WHAT IS EXPECTED: Down to the final line, print the records again exactly.

#### DATA TO USE

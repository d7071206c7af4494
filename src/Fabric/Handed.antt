-- ===== src/Fabric/Handed.antt =====
-- What a consumer has been handed: records in order, each once, and the queue that is left.
use vautlage.Prelude.{
  ℕ, suc, ◌≡◌, ◌≢◌, ◌⊎◌, inl, inr, refl, ap, ◌∙◌, List, [], ◌∷◌, ◌++◌, Option, some, true, false,
  length, sym,
}
use vautlage.Atomics.{add}
use vautlage.Record.{Record}
use vautlage.Ring.{release}
use vautlage.Ring.Dequeue.{taken}
use vautlage.Ring.Fifo.{Fifo}
use vautlage.Ring.Models.{Models}
use vautlage.Ring.Serve.{serve_lem}
use vautlage.Fabric.{Shard, put_shard, mark_drained}
use vautlage.Fabric.Total.{put_shard_self, put_shard_other}
use vautlage.Fabric.Tickets.{mark_drained-SameRings, mark_drained-SameShape}
use vautlage.Fabric.Delivery.{deliver_empty, deliver_one}
use vautlage.Fabric.Consume.{Scene, handle, deliver}

-- The records of a shard's queue as the handler sees them.
unfoldable pub tagged : ℕ → List Record → List Record
tagged sid [] = []
tagged sid (x ∷ xs) = record x { shard = sid } ∷ tagged sid xs

pub length-tagged : (sid : ℕ) (xs : List Record) → length (tagged sid xs) ≡ length xs
unfolding tagged
length-tagged sid [] = refl
length-tagged sid (x ∷ xs) = ap suc (length-tagged sid xs)

pub tagged-append :
    (sid : ℕ) (xs ys : List Record) → tagged sid (xs ++ ys) ≡ tagged sid xs ++ tagged sid ys
unfolding tagged
tagged-append sid [] ys = refl
tagged-append sid (x ∷ xs) ys = ap (◌∷◌ (record x { shard = sid })) (tagged-append sid xs ys)

module _ {W : Type 0} (h : Option (Record → W → W)) where
  -- The handler over records, the first one first.
  unfoldable pub handle_all : List Record → W → W
  handle_all [] w = w
  handle_all (x ∷ xs) w = handle_all xs (handle h x w)

  pub handle_all-append :
      (xs ys : List Record) (w : W) → handle_all (xs ++ ys) w ≡ handle_all ys (handle_all xs w)
  unfolding handle_all
  handle_all-append [] ys w = refl
  handle_all-append (x ∷ xs) ys w = handle_all-append xs ys (handle h x w)

module _ {W : Type 0} (h : Option (Record → W → W)) (sid : ℕ) where
  -- From `s` to `t` the handler was called on `xs`, and the ring of the shard has become `q`. The
  -- rings of the other shards are untouched.
  pub record Handed (s t : Scene W) (xs : List Record) (q : Fifo) : Type 0 where
    pub models : Models (t.engine.shards sid).ring q
    pub world : t.world ≡ handle_all h (tagged sid xs) s.world
    pub others : (j : ℕ) → j ≢ sid → (t.engine.shards j).ring ≡ (s.engine.shards j).ring
    pub shard_n : t.engine.shard_n ≡ s.engine.shard_n
    pub running : t.engine.ctl.running ≡ s.engine.ctl.running

  pub Handed-none : (s : Scene W) {q : Fifo} → Models (s.engine.shards sid).ring q → Handed s s [] q
  unfolding handle_all tagged
  Handed-none s m = record {
    models = m;
    world = refl;
    others = λ j ne. refl;
    shard_n = refl;
    running = refl;
  }

  pub Handed-cons :
      {s t u : Scene W} {x : Record} {xs : List Record} {q q' : Fifo}
      → Handed s t (x ∷ []) q
      → Handed t u xs q'
      → Handed s u (x ∷ xs) q'
  unfolding handle_all tagged
  Handed-cons {s} {t} {u} {x} {xs} a b = record {
    models = b.models;
    world = b.world ∙ ap (handle_all h (tagged sid xs)) a.world;
    others = λ j ne. b.others j ne ∙ a.others j ne;
    shard_n = b.shard_n ∙ a.shard_n;
    running = b.running ∙ a.running;
  }

  pub Handed-append :
      {s t u : Scene W} (xs ys : List Record) {q q' : Fifo}
      → Handed s t xs q
      → Handed t u ys q'
      → Handed s u (xs ++ ys) q'
  Handed-append {s} {t} {u} xs ys a b = record {
    models = b.models;
    world =
        b.world
        ∙ ap (handle_all h (tagged sid ys)) a.world
        ∙ sym (handle_all-append h (tagged sid xs) (tagged sid ys) s.world)
        ∙ sym (ap (λ r. handle_all h r s.world) (tagged-append sid xs ys));
    others = λ j ne. b.others j ne ∙ a.others j ne;
    shard_n = b.shard_n ∙ a.shard_n;
    running = b.running ∙ a.running;
  }

  pub Handed-mark_drained :
      {s t : Scene W} {xs : List Record} {q : Fifo}
      → Handed s t xs q
      → Handed s (record t { engine = mark_drained t.engine sid }) xs q
  Handed-mark_drained {s} {t} a =
      let k = mark_drained-SameRings t.engine sid in
      record {
        models = rw (k.ring sid) a.models;
        world = a.world;
        others = λ j ne. k.ring j ∙ a.others j ne;
        shard_n = (mark_drained-SameShape t.engine sid).shard_n ∙ a.shard_n;
        running = k.running ∙ a.running;
      }

  -- The shard's block is replaced by one with this ring.
  put_ring-Handed :
      (s : Scene W) (sh : Shard) (rec : Record) (xs : List Record) {q : Fifo}
      → Models sh.ring q
      → Handed s
          (record {
            engine = put_shard s.engine sid sh;
            rec = rec;
            world = handle_all h (tagged sid xs) s.world;
          })
          xs
          q
  unfolding put_shard
  put_ring-Handed s sh rec xs {q} m = record {
    models = rw (ap (λ (x : Shard). x.ring) (put_shard_self s.engine sid sh)) m;
    world = refl;
    others = λ j ne. ap (λ (x : Shard). x.ring) (put_shard_other s.engine sid sh j ne);
    shard_n = refl;
    running = refl;
  }

  -- One round: the break on an empty queue, or the oldest record.
  abbrev pub Delivers : ℕ → Scene W → Fifo → Type 0
  Delivers fuel s q =
      ((q.items ≡ [])
        × ((t : Scene W) × (deliver (suc fuel) h sid s ≡ some (false, t)) × Handed s t [] q))
      ⊎ ((x : Record) × (xs : List Record) × (q.items ≡ x ∷ xs)
          × ((t : Scene W) × (deliver (suc fuel) h sid s ≡ some (true, t))
              × Handed s t (x ∷ []) (record { items = xs; count = q.count })))

  pub deliver_lem :
      (fuel : ℕ) (s : Scene W) {q : Fifo} → Models (s.engine.shards sid).ring q → Delivers fuel s q
  unfolding handle_all tagged
  deliver_lem fuel s m = elim (serve_lem m fuel s.rec) [
    | inl (none_left, run) ↦
        inl (none_left, (_, deliver_empty (suc fuel) h sid s run, put_ring-Handed s _ s.rec [] m))
    | inr (x, xs, first, run, m') ↦ inr (
      x,
      xs,
      first,
      (
        _,
        deliver_one (suc fuel) h sid s run,
        put_ring-Handed s
            (record (s.engine.shards sid) {
              ring = release (taken (s.engine.shards sid).ring) (s.engine.shards sid).ring.head;
              consumed = add (s.engine.shards sid).consumed 1;
            })
            (record x { shard = sid }) (x ∷ []) m',
      ),
    )
  ]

########

EXERCISE ANSWER:
repository d7071206c7af4494
filename src/Fabric/Handed.antt
-- ===== src/Fabric/Handed.antt =====
-- What a consumer has been handed: records in order, each once, and the queue that is left.
use vautlage.Prelude.{
  ℕ, suc, ◌≡◌, ◌≢◌, ◌⊎◌, inl, inr, refl, ap, ◌∙◌, List, [], ◌∷◌, ◌++◌, Option, some, true, false,
  length, sym,
}
use vautlage.Atomics.{add}
use vautlage.Record.{Record}
use vautlage.Ring.{release}
use vautlage.Ring.Dequeue.{taken}
use vautlage.Ring.Fifo.{Fifo}
use vautlage.Ring.Models.{Models}
use vautlage.Ring.Serve.{serve_lem}
use vautlage.Fabric.{Shard, put_shard, mark_drained}
use vautlage.Fabric.Total.{put_shard_self, put_shard_other}
use vautlage.Fabric.Tickets.{mark_drained-SameRings, mark_drained-SameShape}
use vautlage.Fabric.Delivery.{deliver_empty, deliver_one}
use vautlage.Fabric.Consume.{Scene, handle, deliver}

-- The records of a shard's queue as the handler sees them.
unfoldable pub tagged : ℕ → List Record → List Record
tagged sid [] = []
tagged sid (x ∷ xs) = record x { shard = sid } ∷ tagged sid xs

pub length-tagged : (sid : ℕ) (xs : List Record) → length (tagged sid xs) ≡ length xs
unfolding tagged
length-tagged sid [] = refl
length-tagged sid (x ∷ xs) = ap suc (length-tagged sid xs)

pub tagged-append :
    (sid : ℕ) (xs ys : List Record) → tagged sid (xs ++ ys) ≡ tagged sid xs ++ tagged sid ys
unfolding tagged
tagged-append sid [] ys = refl
tagged-append sid (x ∷ xs) ys = ap (◌∷◌ (record x { shard = sid })) (tagged-append sid xs ys)

module _ {W : Type 0} (h : Option (Record → W → W)) where
  -- The handler over records, the first one first.
  unfoldable pub handle_all : List Record → W → W
  handle_all [] w = w
  handle_all (x ∷ xs) w = handle_all xs (handle h x w)

  pub handle_all-append :
      (xs ys : List Record) (w : W) → handle_all (xs ++ ys) w ≡ handle_all ys (handle_all xs w)
  unfolding handle_all
  handle_all-append [] ys w = refl
  handle_all-append (x ∷ xs) ys w = handle_all-append xs ys (handle h x w)

module _ {W : Type 0} (h : Option (Record → W → W)) (sid : ℕ) where
  -- From `s` to `t` the handler was called on `xs`, and the ring of the shard has become `q`. The
  -- rings of the other shards are untouched.
  pub record Handed (s t : Scene W) (xs : List Record) (q : Fifo) : Type 0 where
    pub models : Models (t.engine.shards sid).ring q
    pub world : t.world ≡ handle_all h (tagged sid xs) s.world
    pub others : (j : ℕ) → j ≢ sid → (t.engine.shards j).ring ≡ (s.engine.shards j).ring
    pub shard_n : t.engine.shard_n ≡ s.engine.shard_n
    pub running : t.engine.ctl.running ≡ s.engine.ctl.running

  pub Handed-none : (s : Scene W) {q : Fifo} → Models (s.engine.shards sid).ring q → Handed s s [] q
  unfolding handle_all tagged
  Handed-none s m = record {
    models = m;
    world = refl;
    others = λ j ne. refl;
    shard_n = refl;
    running = refl;
  }

  pub Handed-cons :
      {s t u : Scene W} {x : Record} {xs : List Record} {q q' : Fifo}
      → Handed s t (x ∷ []) q
      → Handed t u xs q'
      → Handed s u (x ∷ xs) q'
  unfolding handle_all tagged
  Handed-cons {s} {t} {u} {x} {xs} a b = record {
    models = b.models;
    world = b.world ∙ ap (handle_all h (tagged sid xs)) a.world;
    others = λ j ne. b.others j ne ∙ a.others j ne;
    shard_n = b.shard_n ∙ a.shard_n;
    running = b.running ∙ a.running;
  }

  pub Handed-append :
      {s t u : Scene W} (xs ys : List Record) {q q' : Fifo}
      → Handed s t xs q
      → Handed t u ys q'
      → Handed s u (xs ++ ys) q'
  Handed-append {s} {t} {u} xs ys a b = record {
    models = b.models;
    world =
        b.world
        ∙ ap (handle_all h (tagged sid ys)) a.world
        ∙ sym (handle_all-append h (tagged sid xs) (tagged sid ys) s.world)
        ∙ sym (ap (λ r. handle_all h r s.world) (tagged-append sid xs ys));
    others = λ j ne. b.others j ne ∙ a.others j ne;
    shard_n = b.shard_n ∙ a.shard_n;
    running = b.running ∙ a.running;
  }

  pub Handed-mark_drained :
      {s t : Scene W} {xs : List Record} {q : Fifo}
      → Handed s t xs q
      → Handed s (record t { engine = mark_drained t.engine sid }) xs q
  Handed-mark_drained {s} {t} a =
      let k = mark_drained-SameRings t.engine sid in
      record {
        models = rw (k.ring sid) a.models;
        world = a.world;
        others = λ j ne. k.ring j ∙ a.others j ne;
        shard_n = (mark_drained-SameShape t.engine sid).shard_n ∙ a.shard_n;
        running = k.running ∙ a.running;
      }

  -- The shard's block is replaced by one with this ring.
  put_ring-Handed :
      (s : Scene W) (sh : Shard) (rec : Record) (xs : List Record) {q : Fifo}
      → Models sh.ring q
      → Handed s
          (record {
            engine = put_shard s.engine sid sh;
            rec = rec;
            world = handle_all h (tagged sid xs) s.world;
          })
          xs
          q
  unfolding put_shard
  put_ring-Handed s sh rec xs {q} m = record {
    models = rw (ap (λ (x : Shard). x.ring) (put_shard_self s.engine sid sh)) m;
    world = refl;
    others = λ j ne. ap (λ (x : Shard). x.ring) (put_shard_other s.engine sid sh j ne);
    shard_n = refl;
    running = refl;
  }

  -- One round: the break on an empty queue, or the oldest record.
  abbrev pub Delivers : ℕ → Scene W → Fifo → Type 0
  Delivers fuel s q =
      ((q.items ≡ [])
        × ((t : Scene W) × (deliver (suc fuel) h sid s ≡ some (false, t)) × Handed s t [] q))
      ⊎ ((x : Record) × (xs : List Record) × (q.items ≡ x ∷ xs)
          × ((t : Scene W) × (deliver (suc fuel) h sid s ≡ some (true, t))
              × Handed s t (x ∷ []) (record { items = xs; count = q.count })))

  pub deliver_lem :
      (fuel : ℕ) (s : Scene W) {q : Fifo} → Models (s.engine.shards sid).ring q → Delivers fuel s q
  unfolding handle_all tagged
  deliver_lem fuel s m = elim (serve_lem m fuel s.rec) [
    | inl (none_left, run) ↦
        inl (none_left, (_, deliver_empty (suc fuel) h sid s run, put_ring-Handed s _ s.rec [] m))
    | inr (x, xs, first, run, m') ↦ inr (
      x,
      xs,
      first,
      (
        _,
        deliver_one (suc fuel) h sid s run,
        put_ring-Handed s
            (record (s.engine.shards sid) {
              ring = release (taken (s.engine.shards sid).ring) (s.engine.shards sid).ring.head;
              consumed = add (s.engine.shards sid).consumed 1;
            })
            (record x { shard = sid }) (x ∷ []) m',
      ),
    )
  ]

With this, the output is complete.